The Black Monday Murders features Mammon as a central entity of discussion and worship, a god who grants his favor "and the gifts that this favor yields" to the magical traditions of the world, who give him "loyalty and service" in return.

In the webcomic Kill Six Billion Demons, Mammon is a so-called demiurge, one of the seven powerful individuals who rule over the multiverse. He is an elderly dragon-like creature whose lair is an infinite vault filled with riches and whose servants are obsessed with counting it.

==Video and tabletop games==
In several campaign settings of Dungeons & Dragons, Mammon is an archdevil, known as the Lord of Avarice, one of the archdukes and the ruler of the Third Layer of Hell.

In the role-playing video game (RPG) In Nomine, Mammon is the Demon Prince of Greed.

The Tabletop skirmish game Trench Crusade features Mammon as one of the princes of Hell, the most popular patron of mortal worshippers and prince of greed.

Mammon is portrayed as the son of Lucifer, and uses the model "Infested Kerrigan" in the Heaven's Last Defense map in the realm of StarCraft.

In the SNES RPG Chrono Trigger, the plot involves a device known as the Mammon Machine, created by Queen Zeal, who believed it would make her kingdom the most wealthy and powerful.

In Quest 64, the final boss is Mammon, a large demon who envied the uniqueness of human life and therefore wanted to destroy it out of envy.

Mammon is the name given to the Shadow of Kunikazu Okumura, the fifth boss of Persona 5.

In the Japanese arcade rhythm game Beatmania IIDX, Mammon is portrayed as "Mamonis", by popular musician Kors k. His music track is composed to reflect the yearnings of mankind.

In the visual novel Umineko no Naku Koro ni, Mammon is one of the Seven Sisters of Purgatory, a group of demons in service to the Golden Witch.

In the 2019 visual novel Obey Me!, Mammon is the Avatar of Greed and is the second oldest of the seven demon brothers, and the first to enter a pact with Main Character.

Mamon is the name of a legendary goatfolk and optional boss in Caves of Qud

Mammon appears as one of the Demon Lords to be fought in Darksiders Genesis

Mammon appears as an "Archangel" boss in Cassette Beasts as a physical manifestation of the rampant capitalism of worlds that put profit above all else, including human suffering.

==Manga==
In the manga Beelzebub, Mammon is the name of one of the demons associated with the Killer Six Elements.

In the light novel Shakugan no Shana, Mammon is one of the most powerful Crimson Lords under Bal Masqué.

In the anime Seven Mortal Sins, Mammon is one of the Demon Lords, with her followers working as babysitters for her many children.

==Television==
In the adult animated web series Helluva Boss, Mammon is featured as the King of Greed and one of the seven demon kings of Hell, ruling over his own Ring of Greed.
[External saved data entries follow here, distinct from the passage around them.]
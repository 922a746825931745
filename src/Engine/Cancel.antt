-- ===== src/Engine/Cancel.antt =====
-- `StrategyContext::cancelOrder` and the gateway that pops its request.
use libchronos.Base.{
  ℕ, ◌≤◌, ◌≡◌, ◌≢◌, refl, Bool, true, false, some, [], ◌∷◌, ◌++◌, length, ◌==◌, arith, ◌⊎◌, inl,
  inr,
}
use libchronos.Decimal.{Fixed}
use libchronos.Types.{OrderRequest}
use libchronos.Queue.Fifo.{Pushed, Pushed-cases, try_push-Pushed}
use libchronos.Engine.{StrategyContext, queue_capacity, cancel_order, cancel_request}
use libchronos.Engine.Submit.{IsOpen, queued}
use libchronos.Gateway.{OrderGateway, Clock, received, mismatched}
use libchronos.Gateway.Process.{process_order}

module _ {F D : Type 0} ⦃fx : Fixed D⦄ where
  -- A cancellation that was queued, last, or found the queue full; and what a gateway makes of it.
  pub record Cancelled (ctx : StrategyContext F D) (order_id : ℕ) (g : OrderGateway D)
      (clock : Clock) : Type 0 where
    pub queued_ok : Bool
    pub after : StrategyContext F D
    pub returns : cancel_order ctx order_id ≡ some (queued_ok, after)
    pub last :
        ((queued_ok ≡ true)
          × (queued after ≡ queued ctx ++ (some (cancel_request order_id ctx.timestamp_us) ∷ [])))
        ⊎ ((queued_ok ≡ false)
            × (queue_capacity ≤ length (queued ctx))
            × (queued after ≡ queued ctx))
    pub ignored :
        process_order g (cancel_request order_id ctx.timestamp_us) clock ≡ mismatched (received g)

  -- Where the output queue is at rest, with fewer than 2 ^ 63 - 1024 requests pushed, cancelOrder
  -- returns: it queues a request last and says so, unless 1024 requests are queued. The gateway of an
  -- exchange whose id is not 0 counts that request as one for another exchange and does nothing else:
  -- the order stays pending.
  pub cancel_order-Cancelled :
      (ctx : StrategyContext F D) (order_id : ℕ) (g : OrderGateway D) (clock : Clock)
      → IsOpen ctx
      → g.exchange_id ≢ 0
      → Cancelled ctx order_id g clock
  unfolding cancel_order process_order
  cancel_order-Cancelled ctx order_id g clock v other =
      let request : OrderRequest D = cancel_request order_id ctx.timestamp_us in
      let p : Pushed queue_capacity ctx.order_output request =
        try_push-Pushed queue_capacity (omega arith) ctx.order_output request v.calm v.small in
      record {
        queued_ok = p.done;
        after = record ctx { order_output = p.after };
        returns = rw p.returns refl;
        last = elim (Pushed-cases queue_capacity ctx.order_output request p) [
          | inl (pushed, room, at_end) ↦ inl (pushed, at_end)
          | inr (full, none_free, same) ↦ inr (full, none_free, same)
        ];
        ignored = rw differs refl;
      }
    where
      differs : (0 == g.exchange_id) ≡ false
      differs = ground (arith, other)
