-- ===== src/Engine/Program.antt =====
-- What the code of a strategy does with the context: the interface `Strategy` of
-- include/chronos/trading/strategy.hpp. A callback calls the context at most `n` times, and gives the
-- new state of the strategy; what it computes itself is not seen.
use libchronos.Base.{ℕ, suc, Bool, Option, some, List, ◌>>=◌}
use libchronos.Decimal.{Fixed}
use libchronos.Types.{OrderRequest, Tick, Fill, PriceLevel, Position}
use libchronos.Positions.{get_position}
use libchronos.Risk.Check.{Clock, get_available_capital}
use libchronos.Engine.{
  StrategyContext, best_bid, best_ask, mid_price, top5_bids, top5_asks, submit_order, cancel_order,
}

pub data Program (S D : Type 0) : ℕ → Type 0 where
  finish : {n : ℕ} → S → Program S D n
  submit : {n : ℕ} → OrderRequest D → (ℕ → Program S D n) → Program S D (suc n)
  cancel : {n : ℕ} → ℕ → (Bool → Program S D n) → Program S D (suc n)
  read_bid : {n : ℕ} → ℕ → (Option D → Program S D n) → Program S D (suc n)
  read_ask : {n : ℕ} → ℕ → (Option D → Program S D n) → Program S D (suc n)
  read_mid : {n : ℕ} → ℕ → (Option D → Program S D n) → Program S D (suc n)
  read_bids : {n : ℕ} → ℕ → (List (PriceLevel D) → Program S D n) → Program S D (suc n)
  read_asks : {n : ℕ} → ℕ → (List (PriceLevel D) → Program S D n) → Program S D (suc n)
  read_position : {n : ℕ} → ℕ → (Option (Position D) → Program S D n) → Program S D (suc n)
  read_capital : {n : ℕ} → (D → Program S D n) → Program S D (suc n)
  read_time : {n : ℕ} → (ℕ → Program S D n) → Program S D (suc n)

-- `class Strategy`, the same code for all; strategies that differ do so in their states.
pub record Strategy (S D : Type 0) (n : ℕ) : Type 0 where
  pub symbols : S → List ℕ
  pub on_load : S → Program S D n
  pub on_unload : S → Program S D n
  pub on_tick : Tick D → S → Program S D n
  pub on_fill : Fill D → S → Program S D n
  pub on_timer : ℕ → S → Program S D n

module _ {S F D : Type 0} ⦃fx : Fixed D⦄ (clock : ℕ → Clock) where
  -- A callback at work. `clock k` is what a check reads that has `k` calls after it.
  unfoldable pub exec :
      {n : ℕ} → StrategyContext F D → Program S D n → Option (S × StrategyContext F D)
  unfolding submit_order cancel_order best_bid best_ask mid_price top5_bids top5_asks get_position
      get_available_capital
  exec ctx (finish s) = some (s, ctx)
  exec ctx (submit {n} order next) = do r ← submit_order ctx order (clock n); exec r.1 (next r.0)
  exec ctx (cancel order_id next) = do r ← cancel_order ctx order_id; exec r.1 (next r.0)
  exec ctx (read_bid symbol_id next) = do p ← best_bid ctx symbol_id; exec ctx (next p)
  exec ctx (read_ask symbol_id next) = do p ← best_ask ctx symbol_id; exec ctx (next p)
  exec ctx (read_mid symbol_id next) = do p ← mid_price ctx symbol_id; exec ctx (next p)
  exec ctx (read_bids symbol_id next) = do l ← top5_bids ctx symbol_id; exec ctx (next l)
  exec ctx (read_asks symbol_id next) = do l ← top5_asks ctx symbol_id; exec ctx (next l)
  exec ctx (read_position symbol_id next) =
      exec ctx (next (get_position ctx.position_manager symbol_id))
  exec ctx (read_capital next) = exec ctx (next (get_available_capital ctx.risk_engine))
  exec ctx (read_time next) = exec ctx (next ctx.timestamp_us)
He also owns the theme park Loo Loo Land which is a rip-off of his "friend" Lucifer's Lu Lu World. He is depicted as a jester, and his appearance is used as iconography and branding in the Greed Ring, including the in-universe currency. Mammon would debut in the seventh episode of the second season centered around him and his history with Fizzaroli. He is voiced by Michael Cusack.

On The Simpsons, Montgomery Burns lives at the corner of Croesus and Mammon Streets.